TASK REQUIREMENTS ->
Print out the entries below with no edits.

RECORDS SHOWN ->
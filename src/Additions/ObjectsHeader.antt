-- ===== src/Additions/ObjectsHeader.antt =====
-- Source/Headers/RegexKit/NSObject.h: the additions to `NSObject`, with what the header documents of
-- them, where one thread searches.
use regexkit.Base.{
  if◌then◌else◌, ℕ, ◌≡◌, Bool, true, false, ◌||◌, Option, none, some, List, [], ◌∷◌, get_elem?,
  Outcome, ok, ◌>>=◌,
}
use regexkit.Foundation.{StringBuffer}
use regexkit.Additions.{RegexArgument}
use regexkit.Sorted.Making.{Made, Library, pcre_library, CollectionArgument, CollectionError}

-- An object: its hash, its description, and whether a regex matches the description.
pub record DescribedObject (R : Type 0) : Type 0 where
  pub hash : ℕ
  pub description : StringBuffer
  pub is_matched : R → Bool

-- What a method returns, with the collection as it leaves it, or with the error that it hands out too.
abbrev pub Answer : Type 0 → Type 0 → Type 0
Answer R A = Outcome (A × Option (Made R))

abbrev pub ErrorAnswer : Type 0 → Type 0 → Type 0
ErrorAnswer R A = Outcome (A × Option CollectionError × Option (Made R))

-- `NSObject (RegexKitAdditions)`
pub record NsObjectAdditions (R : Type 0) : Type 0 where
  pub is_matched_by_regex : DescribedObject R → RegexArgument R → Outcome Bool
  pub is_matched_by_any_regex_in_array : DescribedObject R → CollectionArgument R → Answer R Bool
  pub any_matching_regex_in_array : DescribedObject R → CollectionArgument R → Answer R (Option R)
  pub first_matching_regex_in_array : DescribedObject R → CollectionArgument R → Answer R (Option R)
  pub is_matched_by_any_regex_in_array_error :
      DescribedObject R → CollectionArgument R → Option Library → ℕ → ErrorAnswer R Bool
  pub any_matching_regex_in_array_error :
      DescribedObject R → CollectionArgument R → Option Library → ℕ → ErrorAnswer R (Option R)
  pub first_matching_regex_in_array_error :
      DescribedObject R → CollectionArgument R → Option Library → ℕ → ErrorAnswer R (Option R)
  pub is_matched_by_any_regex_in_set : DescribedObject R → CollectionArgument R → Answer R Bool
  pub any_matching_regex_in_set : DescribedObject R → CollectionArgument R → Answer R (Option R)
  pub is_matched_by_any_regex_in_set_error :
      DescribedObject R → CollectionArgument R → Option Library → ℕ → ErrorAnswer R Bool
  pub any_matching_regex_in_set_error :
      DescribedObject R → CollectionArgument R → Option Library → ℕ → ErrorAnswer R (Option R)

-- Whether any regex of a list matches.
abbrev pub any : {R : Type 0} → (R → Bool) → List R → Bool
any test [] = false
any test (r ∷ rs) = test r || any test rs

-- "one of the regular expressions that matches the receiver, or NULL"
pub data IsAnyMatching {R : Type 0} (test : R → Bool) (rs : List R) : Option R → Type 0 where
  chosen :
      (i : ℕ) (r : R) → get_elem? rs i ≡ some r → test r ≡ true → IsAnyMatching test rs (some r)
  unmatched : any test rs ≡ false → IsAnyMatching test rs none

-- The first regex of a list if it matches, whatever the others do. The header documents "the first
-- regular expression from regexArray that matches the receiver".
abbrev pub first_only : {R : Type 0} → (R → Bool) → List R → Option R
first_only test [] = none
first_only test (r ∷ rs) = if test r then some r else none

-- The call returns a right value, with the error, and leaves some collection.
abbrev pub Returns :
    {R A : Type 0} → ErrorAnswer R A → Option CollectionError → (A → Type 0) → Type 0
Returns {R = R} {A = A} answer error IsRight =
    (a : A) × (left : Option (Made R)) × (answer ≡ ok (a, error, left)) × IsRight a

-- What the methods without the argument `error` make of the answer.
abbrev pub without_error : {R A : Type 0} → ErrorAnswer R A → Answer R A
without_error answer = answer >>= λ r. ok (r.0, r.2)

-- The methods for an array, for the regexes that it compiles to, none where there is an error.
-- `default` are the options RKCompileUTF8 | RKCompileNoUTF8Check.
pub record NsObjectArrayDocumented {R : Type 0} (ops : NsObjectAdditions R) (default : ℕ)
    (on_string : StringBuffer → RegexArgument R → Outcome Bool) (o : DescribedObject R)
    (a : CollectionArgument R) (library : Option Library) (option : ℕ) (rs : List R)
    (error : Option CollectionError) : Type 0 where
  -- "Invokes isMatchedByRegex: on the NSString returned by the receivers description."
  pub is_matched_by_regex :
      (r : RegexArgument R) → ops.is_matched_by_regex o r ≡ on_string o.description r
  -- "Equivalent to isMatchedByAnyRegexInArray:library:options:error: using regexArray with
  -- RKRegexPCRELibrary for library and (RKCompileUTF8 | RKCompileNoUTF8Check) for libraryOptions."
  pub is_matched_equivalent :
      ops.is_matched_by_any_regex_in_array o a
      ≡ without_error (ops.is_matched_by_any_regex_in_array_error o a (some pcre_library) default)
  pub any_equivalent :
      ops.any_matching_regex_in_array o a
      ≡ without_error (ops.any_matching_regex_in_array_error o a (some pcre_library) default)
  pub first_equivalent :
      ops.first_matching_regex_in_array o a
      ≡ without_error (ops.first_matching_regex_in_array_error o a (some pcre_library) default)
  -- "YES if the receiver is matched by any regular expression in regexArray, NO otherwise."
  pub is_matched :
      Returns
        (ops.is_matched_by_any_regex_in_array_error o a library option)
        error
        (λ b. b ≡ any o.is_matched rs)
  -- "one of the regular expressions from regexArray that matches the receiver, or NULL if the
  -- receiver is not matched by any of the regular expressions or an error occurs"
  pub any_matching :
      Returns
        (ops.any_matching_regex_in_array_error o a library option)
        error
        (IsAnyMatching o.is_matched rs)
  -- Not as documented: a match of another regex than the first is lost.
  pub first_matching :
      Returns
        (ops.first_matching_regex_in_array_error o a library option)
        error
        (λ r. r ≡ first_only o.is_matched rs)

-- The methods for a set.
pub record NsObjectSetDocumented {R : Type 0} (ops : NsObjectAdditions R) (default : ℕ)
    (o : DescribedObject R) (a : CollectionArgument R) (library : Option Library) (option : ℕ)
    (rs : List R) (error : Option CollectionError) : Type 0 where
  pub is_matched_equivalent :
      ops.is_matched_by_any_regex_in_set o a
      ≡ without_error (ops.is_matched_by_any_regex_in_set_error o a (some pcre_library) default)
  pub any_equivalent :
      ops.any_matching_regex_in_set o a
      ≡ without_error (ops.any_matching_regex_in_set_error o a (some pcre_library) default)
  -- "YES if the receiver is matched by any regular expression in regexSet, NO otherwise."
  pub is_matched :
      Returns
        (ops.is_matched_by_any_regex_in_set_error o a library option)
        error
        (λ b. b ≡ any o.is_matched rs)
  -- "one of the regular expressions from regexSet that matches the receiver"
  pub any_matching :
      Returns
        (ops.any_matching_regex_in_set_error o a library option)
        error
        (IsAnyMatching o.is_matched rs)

PROBLEM SOLUTION ->
filename src/Additions/ObjectsHeader.antt
-- ===== src/Additions/ObjectsHeader.antt =====
-- Source/Headers/RegexKit/NSObject.h: the additions to `NSObject`, with what the header documents of
-- them, where one thread searches.
use regexkit.Base.{
  if◌then◌else◌, ℕ, ◌≡◌, Bool, true, false, ◌||◌, Option, none, some, List, [], ◌∷◌, get_elem?,
  Outcome, ok, ◌>>=◌,
}
use regexkit.Foundation.{StringBuffer}
use regexkit.Additions.{RegexArgument}
use regexkit.Sorted.Making.{Made, Library, pcre_library, CollectionArgument, CollectionError}

-- An object: its hash, its description, and whether a regex matches the description.
pub record DescribedObject (R : Type 0) : Type 0 where
  pub hash : ℕ
  pub description : StringBuffer
  pub is_matched : R → Bool

-- What a method returns, with the collection as it leaves it, or with the error that it hands out too.
abbrev pub Answer : Type 0 → Type 0 → Type 0
Answer R A = Outcome (A × Option (Made R))

abbrev pub ErrorAnswer : Type 0 → Type 0 → Type 0
ErrorAnswer R A = Outcome (A × Option CollectionError × Option (Made R))

-- `NSObject (RegexKitAdditions)`
pub record NsObjectAdditions (R : Type 0) : Type 0 where
  pub is_matched_by_regex : DescribedObject R → RegexArgument R → Outcome Bool
  pub is_matched_by_any_regex_in_array : DescribedObject R → CollectionArgument R → Answer R Bool
  pub any_matching_regex_in_array : DescribedObject R → CollectionArgument R → Answer R (Option R)
  pub first_matching_regex_in_array : DescribedObject R → CollectionArgument R → Answer R (Option R)
  pub is_matched_by_any_regex_in_array_error :
      DescribedObject R → CollectionArgument R → Option Library → ℕ → ErrorAnswer R Bool
  pub any_matching_regex_in_array_error :
      DescribedObject R → CollectionArgument R → Option Library → ℕ → ErrorAnswer R (Option R)
  pub first_matching_regex_in_array_error :
      DescribedObject R → CollectionArgument R → Option Library → ℕ → ErrorAnswer R (Option R)
  pub is_matched_by_any_regex_in_set : DescribedObject R → CollectionArgument R → Answer R Bool
  pub any_matching_regex_in_set : DescribedObject R → CollectionArgument R → Answer R (Option R)
  pub is_matched_by_any_regex_in_set_error :
      DescribedObject R → CollectionArgument R → Option Library → ℕ → ErrorAnswer R Bool
  pub any_matching_regex_in_set_error :
      DescribedObject R → CollectionArgument R → Option Library → ℕ → ErrorAnswer R (Option R)

-- Whether any regex of a list matches.
abbrev pub any : {R : Type 0} → (R → Bool) → List R → Bool
any test [] = false
any test (r ∷ rs) = test r || any test rs

-- "one of the regular expressions that matches the receiver, or NULL"
pub data IsAnyMatching {R : Type 0} (test : R → Bool) (rs : List R) : Option R → Type 0 where
  chosen :
      (i : ℕ) (r : R) → get_elem? rs i ≡ some r → test r ≡ true → IsAnyMatching test rs (some r)
  unmatched : any test rs ≡ false → IsAnyMatching test rs none

-- The first regex of a list if it matches, whatever the others do. The header documents "the first
-- regular expression from regexArray that matches the receiver".
abbrev pub first_only : {R : Type 0} → (R → Bool) → List R → Option R
first_only test [] = none
first_only test (r ∷ rs) = if test r then some r else none

-- The call returns a right value, with the error, and leaves some collection.
abbrev pub Returns :
    {R A : Type 0} → ErrorAnswer R A → Option CollectionError → (A → Type 0) → Type 0
Returns {R = R} {A = A} answer error IsRight =
    (a : A) × (left : Option (Made R)) × (answer ≡ ok (a, error, left)) × IsRight a

-- What the methods without the argument `error` make of the answer.
abbrev pub without_error : {R A : Type 0} → ErrorAnswer R A → Answer R A
without_error answer = answer >>= λ r. ok (r.0, r.2)

-- The methods for an array, for the regexes that it compiles to, none where there is an error.
-- `default` are the options RKCompileUTF8 | RKCompileNoUTF8Check.
pub record NsObjectArrayDocumented {R : Type 0} (ops : NsObjectAdditions R) (default : ℕ)
    (on_string : StringBuffer → RegexArgument R → Outcome Bool) (o : DescribedObject R)
    (a : CollectionArgument R) (library : Option Library) (option : ℕ) (rs : List R)
    (error : Option CollectionError) : Type 0 where
  -- "Invokes isMatchedByRegex: on the NSString returned by the receivers description."
  pub is_matched_by_regex :
      (r : RegexArgument R) → ops.is_matched_by_regex o r ≡ on_string o.description r
  -- "Equivalent to isMatchedByAnyRegexInArray:library:options:error: using regexArray with
  -- RKRegexPCRELibrary for library and (RKCompileUTF8 | RKCompileNoUTF8Check) for libraryOptions."
  pub is_matched_equivalent :
      ops.is_matched_by_any_regex_in_array o a
      ≡ without_error (ops.is_matched_by_any_regex_in_array_error o a (some pcre_library) default)
  pub any_equivalent :
      ops.any_matching_regex_in_array o a
      ≡ without_error (ops.any_matching_regex_in_array_error o a (some pcre_library) default)
  pub first_equivalent :
      ops.first_matching_regex_in_array o a
      ≡ without_error (ops.first_matching_regex_in_array_error o a (some pcre_library) default)
  -- "YES if the receiver is matched by any regular expression in regexArray, NO otherwise."
  pub is_matched :
      Returns
        (ops.is_matched_by_any_regex_in_array_error o a library option)
        error
        (λ b. b ≡ any o.is_matched rs)
  -- "one of the regular expressions from regexArray that matches the receiver, or NULL if the
  -- receiver is not matched by any of the regular expressions or an error occurs"
  pub any_matching :
      Returns
        (ops.any_matching_regex_in_array_error o a library option)
        error
        (IsAnyMatching o.is_matched rs)
  -- Not as documented: a match of another regex than the first is lost.
  pub first_matching :
      Returns
        (ops.first_matching_regex_in_array_error o a library option)
        error
        (λ r. r ≡ first_only o.is_matched rs)

-- The methods for a set.
pub record NsObjectSetDocumented {R : Type 0} (ops : NsObjectAdditions R) (default : ℕ)
    (o : DescribedObject R) (a : CollectionArgument R) (library : Option Library) (option : ℕ)
    (rs : List R) (error : Option CollectionError) : Type 0 where
  pub is_matched_equivalent :
      ops.is_matched_by_any_regex_in_set o a
      ≡ without_error (ops.is_matched_by_any_regex_in_set_error o a (some pcre_library) default)
  pub any_equivalent :
      ops.any_matching_regex_in_set o a
      ≡ without_error (ops.any_matching_regex_in_set_error o a (some pcre_library) default)
  -- "YES if the receiver is matched by any regular expression in regexSet, NO otherwise."
  pub is_matched :
      Returns
        (ops.is_matched_by_any_regex_in_set_error o a library option)
        error
        (λ b. b ≡ any o.is_matched rs)
  -- "one of the regular expressions from regexSet that matches the receiver"
  pub any_matching :
      Returns
        (ops.any_matching_regex_in_set_error o a library option)
        error
        (IsAnyMatching o.is_matched rs)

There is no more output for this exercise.